Work request =
Which lines of the entries below run from the one holding "pub mod RoundTrip" to the one holding "-- ===== src/Serialization/Protobuf/Tests.antt", inclusive? Set down exactly those lines and no others.

= = = = =

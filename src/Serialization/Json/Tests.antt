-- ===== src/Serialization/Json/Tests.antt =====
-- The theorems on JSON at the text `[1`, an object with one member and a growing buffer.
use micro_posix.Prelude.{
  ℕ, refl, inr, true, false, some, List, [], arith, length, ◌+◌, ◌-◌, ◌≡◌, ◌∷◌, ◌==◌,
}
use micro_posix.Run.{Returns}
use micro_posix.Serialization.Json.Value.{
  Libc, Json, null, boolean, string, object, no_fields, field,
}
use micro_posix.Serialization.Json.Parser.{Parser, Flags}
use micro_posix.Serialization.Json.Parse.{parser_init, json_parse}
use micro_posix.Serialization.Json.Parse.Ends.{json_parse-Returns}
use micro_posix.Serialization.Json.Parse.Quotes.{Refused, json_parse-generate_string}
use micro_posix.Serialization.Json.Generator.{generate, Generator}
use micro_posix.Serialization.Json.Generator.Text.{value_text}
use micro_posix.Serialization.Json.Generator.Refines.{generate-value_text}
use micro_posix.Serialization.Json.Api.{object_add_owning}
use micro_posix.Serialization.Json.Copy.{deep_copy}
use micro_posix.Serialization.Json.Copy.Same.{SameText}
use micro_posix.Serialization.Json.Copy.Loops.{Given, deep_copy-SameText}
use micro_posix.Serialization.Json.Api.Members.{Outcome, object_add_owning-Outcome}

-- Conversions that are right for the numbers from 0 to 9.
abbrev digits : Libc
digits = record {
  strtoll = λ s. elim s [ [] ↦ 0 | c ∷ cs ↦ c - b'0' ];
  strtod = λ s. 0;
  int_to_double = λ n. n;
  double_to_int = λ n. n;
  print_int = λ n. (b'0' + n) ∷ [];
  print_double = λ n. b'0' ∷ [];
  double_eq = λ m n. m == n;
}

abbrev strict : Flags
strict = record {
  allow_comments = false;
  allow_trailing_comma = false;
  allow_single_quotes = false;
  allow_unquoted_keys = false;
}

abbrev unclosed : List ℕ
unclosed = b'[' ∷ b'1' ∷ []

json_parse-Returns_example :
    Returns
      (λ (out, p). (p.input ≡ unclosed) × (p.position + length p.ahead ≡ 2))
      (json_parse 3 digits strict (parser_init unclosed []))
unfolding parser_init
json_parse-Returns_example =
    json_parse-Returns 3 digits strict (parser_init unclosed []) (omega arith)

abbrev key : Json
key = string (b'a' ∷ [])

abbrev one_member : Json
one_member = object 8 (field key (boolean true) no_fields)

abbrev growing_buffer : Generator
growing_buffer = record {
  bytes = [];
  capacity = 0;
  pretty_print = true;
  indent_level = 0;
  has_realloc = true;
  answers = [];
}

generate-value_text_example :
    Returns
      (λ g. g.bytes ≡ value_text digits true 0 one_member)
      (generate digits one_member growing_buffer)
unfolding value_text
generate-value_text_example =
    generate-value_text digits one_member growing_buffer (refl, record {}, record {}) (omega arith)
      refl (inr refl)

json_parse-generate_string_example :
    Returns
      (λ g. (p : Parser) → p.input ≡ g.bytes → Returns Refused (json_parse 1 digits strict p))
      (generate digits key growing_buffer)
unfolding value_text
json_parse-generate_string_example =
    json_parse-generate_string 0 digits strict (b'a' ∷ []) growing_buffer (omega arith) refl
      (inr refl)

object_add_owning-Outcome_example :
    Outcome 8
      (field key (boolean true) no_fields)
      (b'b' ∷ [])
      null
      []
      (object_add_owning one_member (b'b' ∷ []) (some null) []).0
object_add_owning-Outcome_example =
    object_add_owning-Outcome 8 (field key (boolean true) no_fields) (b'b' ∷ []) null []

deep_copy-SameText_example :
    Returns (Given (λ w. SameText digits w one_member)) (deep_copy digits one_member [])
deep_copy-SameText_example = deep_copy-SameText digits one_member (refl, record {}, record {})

= = = = =

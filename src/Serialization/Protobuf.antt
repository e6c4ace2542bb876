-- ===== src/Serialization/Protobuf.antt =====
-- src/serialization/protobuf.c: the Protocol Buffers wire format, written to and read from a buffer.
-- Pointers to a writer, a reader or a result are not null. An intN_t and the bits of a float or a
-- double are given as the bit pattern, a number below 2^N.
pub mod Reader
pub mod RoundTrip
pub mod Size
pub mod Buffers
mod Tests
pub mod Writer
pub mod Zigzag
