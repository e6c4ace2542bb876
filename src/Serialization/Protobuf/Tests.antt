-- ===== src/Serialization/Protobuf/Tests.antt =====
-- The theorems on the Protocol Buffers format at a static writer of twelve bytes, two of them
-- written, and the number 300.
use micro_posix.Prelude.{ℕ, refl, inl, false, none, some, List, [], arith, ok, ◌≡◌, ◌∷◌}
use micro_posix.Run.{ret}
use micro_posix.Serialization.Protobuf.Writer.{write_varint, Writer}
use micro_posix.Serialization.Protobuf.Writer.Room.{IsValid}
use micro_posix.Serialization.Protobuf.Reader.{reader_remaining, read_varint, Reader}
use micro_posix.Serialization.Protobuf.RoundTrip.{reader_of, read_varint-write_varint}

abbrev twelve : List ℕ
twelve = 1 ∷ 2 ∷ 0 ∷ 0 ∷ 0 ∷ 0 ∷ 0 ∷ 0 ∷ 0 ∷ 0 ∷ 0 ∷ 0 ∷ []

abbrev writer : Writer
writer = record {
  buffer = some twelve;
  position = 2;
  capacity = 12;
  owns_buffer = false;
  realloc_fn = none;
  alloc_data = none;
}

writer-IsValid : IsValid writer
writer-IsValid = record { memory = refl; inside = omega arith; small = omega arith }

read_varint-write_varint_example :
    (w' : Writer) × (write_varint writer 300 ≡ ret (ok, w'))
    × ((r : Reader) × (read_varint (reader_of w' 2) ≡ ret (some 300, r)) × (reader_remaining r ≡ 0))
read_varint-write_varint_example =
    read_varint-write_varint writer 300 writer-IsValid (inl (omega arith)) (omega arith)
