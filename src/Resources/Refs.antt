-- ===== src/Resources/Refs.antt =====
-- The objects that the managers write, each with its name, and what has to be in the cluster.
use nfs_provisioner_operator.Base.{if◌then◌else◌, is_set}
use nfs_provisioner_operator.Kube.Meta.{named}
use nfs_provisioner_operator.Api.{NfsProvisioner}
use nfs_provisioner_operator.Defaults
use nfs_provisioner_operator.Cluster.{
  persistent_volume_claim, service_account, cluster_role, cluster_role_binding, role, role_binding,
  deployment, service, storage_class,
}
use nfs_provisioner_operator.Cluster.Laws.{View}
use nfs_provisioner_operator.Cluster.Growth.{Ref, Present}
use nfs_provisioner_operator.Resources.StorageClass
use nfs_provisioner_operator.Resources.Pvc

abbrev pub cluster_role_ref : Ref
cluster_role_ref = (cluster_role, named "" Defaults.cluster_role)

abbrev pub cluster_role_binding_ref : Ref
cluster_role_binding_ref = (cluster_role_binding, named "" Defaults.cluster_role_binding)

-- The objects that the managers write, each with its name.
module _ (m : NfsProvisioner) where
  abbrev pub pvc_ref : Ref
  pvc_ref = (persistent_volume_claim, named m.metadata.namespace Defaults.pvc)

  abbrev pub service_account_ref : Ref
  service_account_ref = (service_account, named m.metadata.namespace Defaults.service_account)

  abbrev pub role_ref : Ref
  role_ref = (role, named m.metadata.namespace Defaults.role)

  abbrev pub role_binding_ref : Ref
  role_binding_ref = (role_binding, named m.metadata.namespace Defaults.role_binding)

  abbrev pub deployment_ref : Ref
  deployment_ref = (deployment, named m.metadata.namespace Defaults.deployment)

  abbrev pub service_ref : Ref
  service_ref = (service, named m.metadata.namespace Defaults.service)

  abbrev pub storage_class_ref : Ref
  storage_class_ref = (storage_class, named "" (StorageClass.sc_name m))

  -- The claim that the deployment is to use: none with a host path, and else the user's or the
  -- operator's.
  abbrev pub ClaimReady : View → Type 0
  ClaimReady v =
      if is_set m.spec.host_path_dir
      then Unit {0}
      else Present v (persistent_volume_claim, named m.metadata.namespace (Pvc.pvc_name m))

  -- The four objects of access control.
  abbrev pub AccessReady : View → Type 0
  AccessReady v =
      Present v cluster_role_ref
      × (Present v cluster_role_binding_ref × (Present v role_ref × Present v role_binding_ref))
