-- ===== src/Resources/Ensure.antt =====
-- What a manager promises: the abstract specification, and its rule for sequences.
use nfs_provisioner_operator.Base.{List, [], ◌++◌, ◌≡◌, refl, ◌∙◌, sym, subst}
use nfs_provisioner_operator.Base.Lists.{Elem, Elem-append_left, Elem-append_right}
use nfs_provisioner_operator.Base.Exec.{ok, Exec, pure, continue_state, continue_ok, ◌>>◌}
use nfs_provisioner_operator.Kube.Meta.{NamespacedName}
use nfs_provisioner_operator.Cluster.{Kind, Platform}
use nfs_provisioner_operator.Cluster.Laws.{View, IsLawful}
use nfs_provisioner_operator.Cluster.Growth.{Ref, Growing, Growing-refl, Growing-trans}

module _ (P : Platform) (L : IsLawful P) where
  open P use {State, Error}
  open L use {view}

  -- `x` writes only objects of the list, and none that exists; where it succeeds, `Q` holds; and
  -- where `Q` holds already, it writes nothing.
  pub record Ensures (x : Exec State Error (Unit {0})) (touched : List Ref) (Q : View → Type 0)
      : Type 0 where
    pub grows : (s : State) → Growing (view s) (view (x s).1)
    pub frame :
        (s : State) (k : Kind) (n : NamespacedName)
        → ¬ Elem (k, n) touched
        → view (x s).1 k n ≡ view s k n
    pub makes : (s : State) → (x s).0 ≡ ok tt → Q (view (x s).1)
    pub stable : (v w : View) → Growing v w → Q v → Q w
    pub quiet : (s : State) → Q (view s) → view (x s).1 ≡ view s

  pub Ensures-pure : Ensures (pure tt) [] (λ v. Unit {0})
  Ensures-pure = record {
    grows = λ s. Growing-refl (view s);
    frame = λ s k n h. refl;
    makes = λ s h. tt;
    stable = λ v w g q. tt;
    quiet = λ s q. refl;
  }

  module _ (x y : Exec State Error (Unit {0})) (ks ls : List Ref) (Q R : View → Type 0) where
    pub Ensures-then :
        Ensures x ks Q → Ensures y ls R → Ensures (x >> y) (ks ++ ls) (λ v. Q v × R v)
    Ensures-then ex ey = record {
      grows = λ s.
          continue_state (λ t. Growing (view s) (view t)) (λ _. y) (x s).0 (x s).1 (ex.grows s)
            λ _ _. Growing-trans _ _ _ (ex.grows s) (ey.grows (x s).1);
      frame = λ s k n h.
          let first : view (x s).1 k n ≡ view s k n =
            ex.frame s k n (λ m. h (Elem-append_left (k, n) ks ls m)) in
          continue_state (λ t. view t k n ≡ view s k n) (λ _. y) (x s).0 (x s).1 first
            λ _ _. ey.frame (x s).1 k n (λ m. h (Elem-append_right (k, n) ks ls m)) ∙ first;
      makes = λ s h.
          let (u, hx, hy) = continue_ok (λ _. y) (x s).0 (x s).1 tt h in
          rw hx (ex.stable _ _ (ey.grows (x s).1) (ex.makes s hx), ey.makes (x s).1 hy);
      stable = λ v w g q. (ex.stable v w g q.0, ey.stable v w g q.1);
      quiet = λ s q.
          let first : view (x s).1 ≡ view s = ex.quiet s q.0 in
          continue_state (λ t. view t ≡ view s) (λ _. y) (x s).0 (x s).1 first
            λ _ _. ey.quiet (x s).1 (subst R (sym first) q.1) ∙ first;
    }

= = = = =

Expected answer =
pub mod RoundTrip
pub mod Size
pub mod Buffers
mod Tests
pub mod Writer
pub mod Zigzag
repository e6c4ace2542bb876
filename src/Serialization/Protobuf/Tests.antt
-- ===== src/Serialization/Protobuf/Tests.antt =====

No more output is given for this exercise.